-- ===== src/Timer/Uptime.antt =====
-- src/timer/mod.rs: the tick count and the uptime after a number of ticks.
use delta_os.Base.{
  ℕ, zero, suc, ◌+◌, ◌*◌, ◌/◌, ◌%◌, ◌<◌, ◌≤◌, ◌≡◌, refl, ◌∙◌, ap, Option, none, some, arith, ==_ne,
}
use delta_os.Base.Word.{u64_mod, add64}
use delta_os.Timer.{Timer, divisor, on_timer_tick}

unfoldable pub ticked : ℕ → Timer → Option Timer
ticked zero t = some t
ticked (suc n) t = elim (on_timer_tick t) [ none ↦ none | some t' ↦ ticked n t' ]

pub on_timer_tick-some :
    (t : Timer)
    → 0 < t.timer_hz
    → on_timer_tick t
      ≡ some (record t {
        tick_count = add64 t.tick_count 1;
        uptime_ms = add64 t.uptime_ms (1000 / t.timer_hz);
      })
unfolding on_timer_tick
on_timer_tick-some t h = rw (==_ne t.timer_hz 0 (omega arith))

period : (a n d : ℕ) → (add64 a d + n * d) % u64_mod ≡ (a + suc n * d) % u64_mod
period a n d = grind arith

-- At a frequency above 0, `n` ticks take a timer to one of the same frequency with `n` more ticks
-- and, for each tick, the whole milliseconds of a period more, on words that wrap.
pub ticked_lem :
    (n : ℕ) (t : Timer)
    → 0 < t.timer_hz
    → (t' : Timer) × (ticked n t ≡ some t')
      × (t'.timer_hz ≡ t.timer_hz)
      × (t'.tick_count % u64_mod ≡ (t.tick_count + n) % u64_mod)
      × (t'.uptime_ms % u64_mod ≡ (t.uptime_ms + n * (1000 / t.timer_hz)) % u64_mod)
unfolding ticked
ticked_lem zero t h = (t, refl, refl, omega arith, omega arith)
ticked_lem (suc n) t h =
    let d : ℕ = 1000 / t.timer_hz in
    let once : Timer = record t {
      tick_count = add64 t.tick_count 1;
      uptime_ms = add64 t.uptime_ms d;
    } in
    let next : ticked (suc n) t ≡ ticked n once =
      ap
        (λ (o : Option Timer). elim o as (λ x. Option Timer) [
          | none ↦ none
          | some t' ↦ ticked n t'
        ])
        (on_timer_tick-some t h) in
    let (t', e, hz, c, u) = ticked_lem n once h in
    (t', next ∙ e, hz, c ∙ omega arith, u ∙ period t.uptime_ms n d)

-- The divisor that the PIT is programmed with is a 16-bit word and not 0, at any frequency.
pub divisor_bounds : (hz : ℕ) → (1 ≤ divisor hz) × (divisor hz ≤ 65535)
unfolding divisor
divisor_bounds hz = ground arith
==
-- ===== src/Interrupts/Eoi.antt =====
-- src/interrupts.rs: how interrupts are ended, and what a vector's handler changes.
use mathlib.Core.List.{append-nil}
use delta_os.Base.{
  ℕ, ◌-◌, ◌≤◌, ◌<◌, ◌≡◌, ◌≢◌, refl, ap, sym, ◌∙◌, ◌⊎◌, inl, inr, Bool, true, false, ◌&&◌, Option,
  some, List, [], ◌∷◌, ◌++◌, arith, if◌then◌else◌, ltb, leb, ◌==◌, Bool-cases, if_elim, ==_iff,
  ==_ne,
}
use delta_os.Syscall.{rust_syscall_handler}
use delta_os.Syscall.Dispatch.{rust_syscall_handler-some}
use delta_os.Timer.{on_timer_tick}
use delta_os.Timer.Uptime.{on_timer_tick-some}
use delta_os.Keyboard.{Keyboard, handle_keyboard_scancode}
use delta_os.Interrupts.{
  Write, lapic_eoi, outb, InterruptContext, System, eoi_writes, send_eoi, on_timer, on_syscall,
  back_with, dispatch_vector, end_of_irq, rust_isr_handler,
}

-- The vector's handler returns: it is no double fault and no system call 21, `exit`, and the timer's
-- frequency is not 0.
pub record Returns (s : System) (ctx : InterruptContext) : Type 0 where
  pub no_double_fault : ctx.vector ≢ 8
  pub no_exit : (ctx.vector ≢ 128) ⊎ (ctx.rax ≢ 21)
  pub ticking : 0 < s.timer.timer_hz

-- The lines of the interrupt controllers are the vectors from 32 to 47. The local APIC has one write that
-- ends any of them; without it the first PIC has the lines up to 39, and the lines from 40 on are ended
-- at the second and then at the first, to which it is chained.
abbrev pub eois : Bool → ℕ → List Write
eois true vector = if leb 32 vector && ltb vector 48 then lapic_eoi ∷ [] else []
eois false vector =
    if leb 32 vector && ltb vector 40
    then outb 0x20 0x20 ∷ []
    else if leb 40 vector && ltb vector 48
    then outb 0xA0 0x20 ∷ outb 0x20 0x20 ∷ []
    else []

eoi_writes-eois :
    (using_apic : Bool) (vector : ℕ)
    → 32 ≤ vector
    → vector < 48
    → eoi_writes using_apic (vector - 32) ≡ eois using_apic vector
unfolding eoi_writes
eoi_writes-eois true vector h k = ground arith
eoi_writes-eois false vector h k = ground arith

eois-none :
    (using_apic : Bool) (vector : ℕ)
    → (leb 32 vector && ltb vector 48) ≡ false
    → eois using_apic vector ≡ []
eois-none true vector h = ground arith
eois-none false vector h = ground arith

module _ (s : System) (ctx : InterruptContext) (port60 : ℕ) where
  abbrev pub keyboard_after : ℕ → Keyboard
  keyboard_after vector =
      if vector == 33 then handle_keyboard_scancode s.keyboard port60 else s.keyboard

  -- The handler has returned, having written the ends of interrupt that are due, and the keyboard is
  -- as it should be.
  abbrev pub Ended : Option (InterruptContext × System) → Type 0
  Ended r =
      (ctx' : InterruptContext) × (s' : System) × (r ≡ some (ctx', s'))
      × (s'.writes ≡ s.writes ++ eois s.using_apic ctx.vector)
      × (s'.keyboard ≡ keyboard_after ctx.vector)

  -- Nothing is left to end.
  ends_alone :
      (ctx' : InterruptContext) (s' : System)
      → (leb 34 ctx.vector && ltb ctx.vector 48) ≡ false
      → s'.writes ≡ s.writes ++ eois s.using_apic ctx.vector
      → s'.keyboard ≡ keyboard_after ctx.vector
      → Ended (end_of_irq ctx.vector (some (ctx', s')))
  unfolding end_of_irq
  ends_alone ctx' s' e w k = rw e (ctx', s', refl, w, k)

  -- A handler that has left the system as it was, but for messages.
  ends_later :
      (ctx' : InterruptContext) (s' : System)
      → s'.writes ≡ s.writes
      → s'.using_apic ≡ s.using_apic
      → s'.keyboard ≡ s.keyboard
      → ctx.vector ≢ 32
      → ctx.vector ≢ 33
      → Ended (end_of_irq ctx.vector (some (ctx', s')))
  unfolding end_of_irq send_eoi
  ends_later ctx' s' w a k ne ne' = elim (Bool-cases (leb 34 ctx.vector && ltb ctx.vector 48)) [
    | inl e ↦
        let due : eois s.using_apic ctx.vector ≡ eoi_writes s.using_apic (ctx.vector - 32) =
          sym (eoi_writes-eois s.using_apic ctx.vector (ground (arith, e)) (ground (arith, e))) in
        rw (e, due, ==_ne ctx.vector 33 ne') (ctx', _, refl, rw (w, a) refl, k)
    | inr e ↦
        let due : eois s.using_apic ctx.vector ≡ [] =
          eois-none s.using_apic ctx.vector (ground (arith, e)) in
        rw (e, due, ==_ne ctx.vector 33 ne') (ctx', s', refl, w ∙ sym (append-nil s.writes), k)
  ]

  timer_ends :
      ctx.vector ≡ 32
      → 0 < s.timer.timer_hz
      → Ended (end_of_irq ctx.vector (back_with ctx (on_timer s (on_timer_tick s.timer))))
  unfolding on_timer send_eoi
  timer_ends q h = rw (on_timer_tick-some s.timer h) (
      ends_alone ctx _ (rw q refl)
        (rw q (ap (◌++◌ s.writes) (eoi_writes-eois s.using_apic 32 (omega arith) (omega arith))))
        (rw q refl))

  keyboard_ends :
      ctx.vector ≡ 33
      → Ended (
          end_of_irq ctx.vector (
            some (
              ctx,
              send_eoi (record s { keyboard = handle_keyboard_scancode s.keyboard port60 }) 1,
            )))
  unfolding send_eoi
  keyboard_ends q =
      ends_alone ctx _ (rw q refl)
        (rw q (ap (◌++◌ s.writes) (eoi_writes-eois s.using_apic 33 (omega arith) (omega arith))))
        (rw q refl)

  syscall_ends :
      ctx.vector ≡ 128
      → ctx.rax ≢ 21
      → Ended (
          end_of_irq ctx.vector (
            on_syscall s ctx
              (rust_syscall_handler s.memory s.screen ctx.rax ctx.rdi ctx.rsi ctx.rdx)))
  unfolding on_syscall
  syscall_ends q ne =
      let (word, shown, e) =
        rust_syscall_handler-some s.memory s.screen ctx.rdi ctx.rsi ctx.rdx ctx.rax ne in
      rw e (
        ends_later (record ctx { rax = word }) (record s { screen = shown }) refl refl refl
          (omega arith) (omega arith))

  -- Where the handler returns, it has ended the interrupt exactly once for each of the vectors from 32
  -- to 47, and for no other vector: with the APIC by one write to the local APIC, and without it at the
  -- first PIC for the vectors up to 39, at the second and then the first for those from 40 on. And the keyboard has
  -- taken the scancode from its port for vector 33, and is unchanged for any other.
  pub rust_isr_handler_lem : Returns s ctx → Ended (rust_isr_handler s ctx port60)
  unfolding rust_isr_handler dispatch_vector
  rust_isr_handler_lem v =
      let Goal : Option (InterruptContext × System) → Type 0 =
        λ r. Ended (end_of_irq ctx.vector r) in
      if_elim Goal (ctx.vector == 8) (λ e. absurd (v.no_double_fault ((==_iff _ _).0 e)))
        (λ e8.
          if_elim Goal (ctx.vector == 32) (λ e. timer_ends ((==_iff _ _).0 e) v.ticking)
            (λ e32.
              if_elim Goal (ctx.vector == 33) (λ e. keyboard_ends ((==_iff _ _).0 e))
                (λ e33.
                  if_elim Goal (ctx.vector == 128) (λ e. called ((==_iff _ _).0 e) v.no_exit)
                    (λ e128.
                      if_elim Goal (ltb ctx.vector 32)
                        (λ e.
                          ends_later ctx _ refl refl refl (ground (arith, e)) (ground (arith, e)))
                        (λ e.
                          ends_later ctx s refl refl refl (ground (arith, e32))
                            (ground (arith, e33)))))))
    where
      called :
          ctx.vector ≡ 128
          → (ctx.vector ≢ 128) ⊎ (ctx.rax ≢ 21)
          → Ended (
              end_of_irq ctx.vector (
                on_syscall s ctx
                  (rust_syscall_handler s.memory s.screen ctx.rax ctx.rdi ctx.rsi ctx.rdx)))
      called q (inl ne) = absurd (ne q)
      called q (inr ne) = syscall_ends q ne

• [WORK ORDER]
Only those lines of the entries above that run from the line containing "let next : ticked" to the line containing "-- The divisor", both included, should be transcribed exactly.

• [FINISHED EXERCISE]
    let next : ticked (suc n) t ≡ ticked n once =
      ap
        (λ (o : Option Timer). elim o as (λ x. Option Timer) [
          | none ↦ none
          | some t' ↦ ticked n t'
        ])
        (on_timer_tick-some t h) in
    let (t', e, hz, c, u) = ticked_lem n once h in
    (t', next ∙ e, hz, c ∙ omega arith, u ∙ period t.uptime_ms n d)

-- The divisor that the PIT is programmed with is a 16-bit word and not 0, at any frequency.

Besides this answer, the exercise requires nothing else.